India remains vulnerable to another surge of the virus. Only about 31.5% of its nearly 1.4 billion people are fully vaccinated, according to Our World in Data. Epidemiologists say immunity from those previously infected during the spring surge has waned.
Inflation is also nudging up food prices for consumers and the costs of raw materials for businesses in India. The wholesale price index climbed 12.54% in October, up from 10.66% in September, according to the Ministry of Commerce and Industry. The ministry blamed the high rate of inflation on a jump in prices on food, metals, petroleum and natural gas.

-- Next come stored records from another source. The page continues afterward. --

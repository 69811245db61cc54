-- ===== src/Runtime/Kill/Host.antt =====
-- `kill_runtime_with_probe` of runtime_kill.rs: the guard of a host process, which compares its start
-- time with the stored one, and the loop of signals.
pub mod Guarded
use littleorgans.Base.{ℕ, Bool, true, false, Option, none, some}
use littleorgans.Base.Exec.{Result, ok, err}
use littleorgans.Base.Action.{pure, raise, ◌>>=◌, ◌>>◌}
use littleorgans.Runtime.Lifecycle.{IsolationPolicy, LostEvidence, pid_reuse_detected}
use littleorgans.Runtime.Failure.{Failure, session_not_found}
use littleorgans.Runtime.Server.{Env, ServerState, Handler, store_get}
use littleorgans.Runtime.Server.Termination.{get_or_fail, record_lost}
use littleorgans.Runtime.Server.Reconcile.{host_process_lost_evidence}
use littleorgans.Runtime.Kill.{
  World, KillState, RuntimeSignal, KillOutcome, already_exited, run_kill_loop,
}

module _ (env : Env) (i : ℕ) where
  abbrev pub pid_or_not_found : Option ℕ → Handler ℕ
  pid_or_not_found none = raise (session_not_found i)
  pid_or_not_found (some pid) = pure pid

  -- Whether the target is to be signalled.
  unfoldable pub unless_reused : Option LostEvidence → Handler Bool
  unless_reused (some pid_reuse_detected) = do record_lost env i pid_reuse_detected; pure false
  unless_reused _ = pure true

  abbrev pub guard_in : IsolationPolicy → Option ℕ → Option ℕ → Handler Bool
  guard_in IsolationPolicy.host pid start_time = do
    runtime_pid ← pid_or_not_found pid
    evidence ← host_process_lost_evidence env runtime_pid start_time
    unless_reused evidence
  guard_in (IsolationPolicy.docker _) pid start_time = pure true

  unfoldable pub kill_guard : Handler Bool
  unfolding unless_reused
  kill_guard = do
    found ← store_get env i
    l ← get_or_fail i found
    guard_in l.isolation l.runtime_pid l.start_time

-- The guard runs on the daemon's state, the loop on the target.
abbrev pub run_if :
    World
    → RuntimeSignal
    → ℕ
    → KillState
    → Result Failure Bool × ServerState
    → Result Failure KillOutcome × ServerState × KillState
run_if world which grace_secs k (ok true, s) =
    let (answer, k') = run_kill_loop world which grace_secs k in (answer, s, k')
run_if world which grace_secs k (ok false, s) = (ok already_exited, s, k)
run_if world which grace_secs k (err e, s) = (err e, s, k)

unfoldable pub kill_runtime :
    Env
    → World
    → ℕ
    → RuntimeSignal
    → ℕ
    → ServerState
    → KillState
    → Result Failure KillOutcome × ServerState × KillState
unfolding kill_guard
kill_runtime env world i which grace_secs s k = run_if world which grace_secs k (kill_guard env i s)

Uddeshya Goel said his family’s four factories in Uttar Pradesh are enjoying a surge of demand for its textiles, carpets and home furnishings. But the prices on goods such as cotton and other goods imported from China and Vietnam have sometimes doubled. Even if they are willing to pay, supply chain snags mean they can’t get their hands on enough raw materials, he said.
“Profit margins have gone down," said Mr. Goel. “It’s hitting us right now, and we can’t shift the entire cost to the consumers."
Mr. Kundu, the economist, said he is expecting India to take four years before its economy gets back to pre-pandemic levels. “Growth next year, it will drop off a bit," he said.